▶ _Information given_:
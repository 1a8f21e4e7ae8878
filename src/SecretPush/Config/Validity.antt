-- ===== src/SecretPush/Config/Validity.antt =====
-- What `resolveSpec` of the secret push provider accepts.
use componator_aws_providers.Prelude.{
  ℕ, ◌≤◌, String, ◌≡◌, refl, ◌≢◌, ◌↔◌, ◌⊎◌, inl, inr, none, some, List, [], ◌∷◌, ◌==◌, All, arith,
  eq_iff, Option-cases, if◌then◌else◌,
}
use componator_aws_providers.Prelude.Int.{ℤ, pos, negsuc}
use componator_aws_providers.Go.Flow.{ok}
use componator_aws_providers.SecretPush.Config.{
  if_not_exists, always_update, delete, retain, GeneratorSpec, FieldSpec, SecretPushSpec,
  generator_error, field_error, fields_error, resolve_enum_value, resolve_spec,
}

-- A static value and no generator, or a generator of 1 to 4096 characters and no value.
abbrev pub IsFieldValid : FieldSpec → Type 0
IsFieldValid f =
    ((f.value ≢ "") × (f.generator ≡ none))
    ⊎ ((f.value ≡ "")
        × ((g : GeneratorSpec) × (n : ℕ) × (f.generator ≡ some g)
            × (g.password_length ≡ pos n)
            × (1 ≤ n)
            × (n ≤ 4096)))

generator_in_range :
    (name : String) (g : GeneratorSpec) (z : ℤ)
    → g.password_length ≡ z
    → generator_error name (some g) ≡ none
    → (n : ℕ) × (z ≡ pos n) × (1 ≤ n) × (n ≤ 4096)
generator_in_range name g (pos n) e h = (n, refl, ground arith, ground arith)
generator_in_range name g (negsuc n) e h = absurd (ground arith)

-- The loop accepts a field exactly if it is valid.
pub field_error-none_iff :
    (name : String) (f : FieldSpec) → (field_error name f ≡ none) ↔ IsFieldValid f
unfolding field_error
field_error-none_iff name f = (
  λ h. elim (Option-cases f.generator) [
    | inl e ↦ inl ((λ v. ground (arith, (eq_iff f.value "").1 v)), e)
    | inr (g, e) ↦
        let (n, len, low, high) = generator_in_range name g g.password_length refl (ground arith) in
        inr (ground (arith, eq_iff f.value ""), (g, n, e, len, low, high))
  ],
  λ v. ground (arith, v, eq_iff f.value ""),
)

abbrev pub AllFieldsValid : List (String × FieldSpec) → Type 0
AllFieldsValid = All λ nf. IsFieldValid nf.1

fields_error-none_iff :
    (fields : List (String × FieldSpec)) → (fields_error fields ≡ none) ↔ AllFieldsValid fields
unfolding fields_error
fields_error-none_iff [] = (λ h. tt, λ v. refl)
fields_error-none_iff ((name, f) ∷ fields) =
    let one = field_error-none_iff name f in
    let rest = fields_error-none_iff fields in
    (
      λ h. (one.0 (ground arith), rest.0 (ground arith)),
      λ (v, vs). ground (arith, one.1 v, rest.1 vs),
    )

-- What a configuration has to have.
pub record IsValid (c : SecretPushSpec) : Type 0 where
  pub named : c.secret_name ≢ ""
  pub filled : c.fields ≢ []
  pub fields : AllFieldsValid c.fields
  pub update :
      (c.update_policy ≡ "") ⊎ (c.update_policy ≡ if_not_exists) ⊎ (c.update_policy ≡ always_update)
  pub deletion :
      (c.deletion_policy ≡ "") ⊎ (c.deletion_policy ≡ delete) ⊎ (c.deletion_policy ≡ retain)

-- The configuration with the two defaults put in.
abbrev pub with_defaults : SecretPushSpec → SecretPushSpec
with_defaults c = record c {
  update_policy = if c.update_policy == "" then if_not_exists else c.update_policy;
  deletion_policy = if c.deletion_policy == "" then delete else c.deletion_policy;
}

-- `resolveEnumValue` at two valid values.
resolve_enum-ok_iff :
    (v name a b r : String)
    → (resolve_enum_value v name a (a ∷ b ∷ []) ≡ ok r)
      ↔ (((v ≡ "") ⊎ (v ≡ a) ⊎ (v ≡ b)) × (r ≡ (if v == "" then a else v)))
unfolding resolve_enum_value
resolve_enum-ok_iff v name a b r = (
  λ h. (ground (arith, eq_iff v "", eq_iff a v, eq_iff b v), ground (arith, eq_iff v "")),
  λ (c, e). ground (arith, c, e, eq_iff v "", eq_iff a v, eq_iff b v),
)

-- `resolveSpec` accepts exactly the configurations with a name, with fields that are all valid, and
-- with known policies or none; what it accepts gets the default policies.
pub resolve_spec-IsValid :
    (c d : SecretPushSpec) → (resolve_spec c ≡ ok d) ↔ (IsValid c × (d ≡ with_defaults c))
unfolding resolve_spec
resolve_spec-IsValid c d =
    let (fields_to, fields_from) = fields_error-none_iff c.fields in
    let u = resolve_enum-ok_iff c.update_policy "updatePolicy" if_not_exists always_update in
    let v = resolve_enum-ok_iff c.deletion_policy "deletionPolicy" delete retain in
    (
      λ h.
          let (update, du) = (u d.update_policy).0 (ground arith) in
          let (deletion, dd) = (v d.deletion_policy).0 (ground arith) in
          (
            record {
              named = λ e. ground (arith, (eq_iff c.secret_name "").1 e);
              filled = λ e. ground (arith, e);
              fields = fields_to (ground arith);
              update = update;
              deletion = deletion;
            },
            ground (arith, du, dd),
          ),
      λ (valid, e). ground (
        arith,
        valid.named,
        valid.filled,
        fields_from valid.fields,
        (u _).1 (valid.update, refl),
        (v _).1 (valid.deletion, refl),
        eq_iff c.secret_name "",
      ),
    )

▶ _About this exercise_: Please write out the records from above, keeping every line exact.

▶ _Reply_:
repository 1a8f21e4e7ae8878
filename src/SecretPush/Config/Validity.antt
-- ===== src/SecretPush/Config/Validity.antt =====
-- What `resolveSpec` of the secret push provider accepts.
use componator_aws_providers.Prelude.{
  ℕ, ◌≤◌, String, ◌≡◌, refl, ◌≢◌, ◌↔◌, ◌⊎◌, inl, inr, none, some, List, [], ◌∷◌, ◌==◌, All, arith,
  eq_iff, Option-cases, if◌then◌else◌,
}
use componator_aws_providers.Prelude.Int.{ℤ, pos, negsuc}
use componator_aws_providers.Go.Flow.{ok}
use componator_aws_providers.SecretPush.Config.{
  if_not_exists, always_update, delete, retain, GeneratorSpec, FieldSpec, SecretPushSpec,
  generator_error, field_error, fields_error, resolve_enum_value, resolve_spec,
}

-- A static value and no generator, or a generator of 1 to 4096 characters and no value.
abbrev pub IsFieldValid : FieldSpec → Type 0
IsFieldValid f =
    ((f.value ≢ "") × (f.generator ≡ none))
    ⊎ ((f.value ≡ "")
        × ((g : GeneratorSpec) × (n : ℕ) × (f.generator ≡ some g)
            × (g.password_length ≡ pos n)
            × (1 ≤ n)
            × (n ≤ 4096)))

generator_in_range :
    (name : String) (g : GeneratorSpec) (z : ℤ)
    → g.password_length ≡ z
    → generator_error name (some g) ≡ none
    → (n : ℕ) × (z ≡ pos n) × (1 ≤ n) × (n ≤ 4096)
generator_in_range name g (pos n) e h = (n, refl, ground arith, ground arith)
generator_in_range name g (negsuc n) e h = absurd (ground arith)

-- The loop accepts a field exactly if it is valid.
pub field_error-none_iff :
    (name : String) (f : FieldSpec) → (field_error name f ≡ none) ↔ IsFieldValid f
unfolding field_error
field_error-none_iff name f = (
  λ h. elim (Option-cases f.generator) [
    | inl e ↦ inl ((λ v. ground (arith, (eq_iff f.value "").1 v)), e)
    | inr (g, e) ↦
        let (n, len, low, high) = generator_in_range name g g.password_length refl (ground arith) in
        inr (ground (arith, eq_iff f.value ""), (g, n, e, len, low, high))
  ],
  λ v. ground (arith, v, eq_iff f.value ""),
)

abbrev pub AllFieldsValid : List (String × FieldSpec) → Type 0
AllFieldsValid = All λ nf. IsFieldValid nf.1

fields_error-none_iff :
    (fields : List (String × FieldSpec)) → (fields_error fields ≡ none) ↔ AllFieldsValid fields
unfolding fields_error
fields_error-none_iff [] = (λ h. tt, λ v. refl)
fields_error-none_iff ((name, f) ∷ fields) =
    let one = field_error-none_iff name f in
    let rest = fields_error-none_iff fields in
    (
      λ h. (one.0 (ground arith), rest.0 (ground arith)),
      λ (v, vs). ground (arith, one.1 v, rest.1 vs),
    )

-- What a configuration has to have.
pub record IsValid (c : SecretPushSpec) : Type 0 where
  pub named : c.secret_name ≢ ""
  pub filled : c.fields ≢ []
  pub fields : AllFieldsValid c.fields
  pub update :
      (c.update_policy ≡ "") ⊎ (c.update_policy ≡ if_not_exists) ⊎ (c.update_policy ≡ always_update)
  pub deletion :
      (c.deletion_policy ≡ "") ⊎ (c.deletion_policy ≡ delete) ⊎ (c.deletion_policy ≡ retain)

-- The configuration with the two defaults put in.
abbrev pub with_defaults : SecretPushSpec → SecretPushSpec
with_defaults c = record c {
  update_policy = if c.update_policy == "" then if_not_exists else c.update_policy;
  deletion_policy = if c.deletion_policy == "" then delete else c.deletion_policy;
}

-- `resolveEnumValue` at two valid values.
resolve_enum-ok_iff :
    (v name a b r : String)
    → (resolve_enum_value v name a (a ∷ b ∷ []) ≡ ok r)
      ↔ (((v ≡ "") ⊎ (v ≡ a) ⊎ (v ≡ b)) × (r ≡ (if v == "" then a else v)))
unfolding resolve_enum_value
resolve_enum-ok_iff v name a b r = (
  λ h. (ground (arith, eq_iff v "", eq_iff a v, eq_iff b v), ground (arith, eq_iff v "")),
  λ (c, e). ground (arith, c, e, eq_iff v "", eq_iff a v, eq_iff b v),
)

-- `resolveSpec` accepts exactly the configurations with a name, with fields that are all valid, and
-- with known policies or none; what it accepts gets the default policies.
pub resolve_spec-IsValid :
    (c d : SecretPushSpec) → (resolve_spec c ≡ ok d) ↔ (IsValid c × (d ≡ with_defaults c))
unfolding resolve_spec
resolve_spec-IsValid c d =
    let (fields_to, fields_from) = fields_error-none_iff c.fields in
    let u = resolve_enum-ok_iff c.update_policy "updatePolicy" if_not_exists always_update in
    let v = resolve_enum-ok_iff c.deletion_policy "deletionPolicy" delete retain in
    (
      λ h.
          let (update, du) = (u d.update_policy).0 (ground arith) in
          let (deletion, dd) = (v d.deletion_policy).0 (ground arith) in
          (
            record {
              named = λ e. ground (arith, (eq_iff c.secret_name "").1 e);
              filled = λ e. ground (arith, e);
              fields = fields_to (ground arith);
              update = update;
              deletion = deletion;
            },
            ground (arith, du, dd),
          ),
      λ (valid, e). ground (
        arith,
        valid.named,
        valid.filled,
        fields_from valid.fields,
        (u _).1 (valid.update, refl),
        (v _).1 (valid.deletion, refl),
        eq_iff c.secret_name "",
      ),
    )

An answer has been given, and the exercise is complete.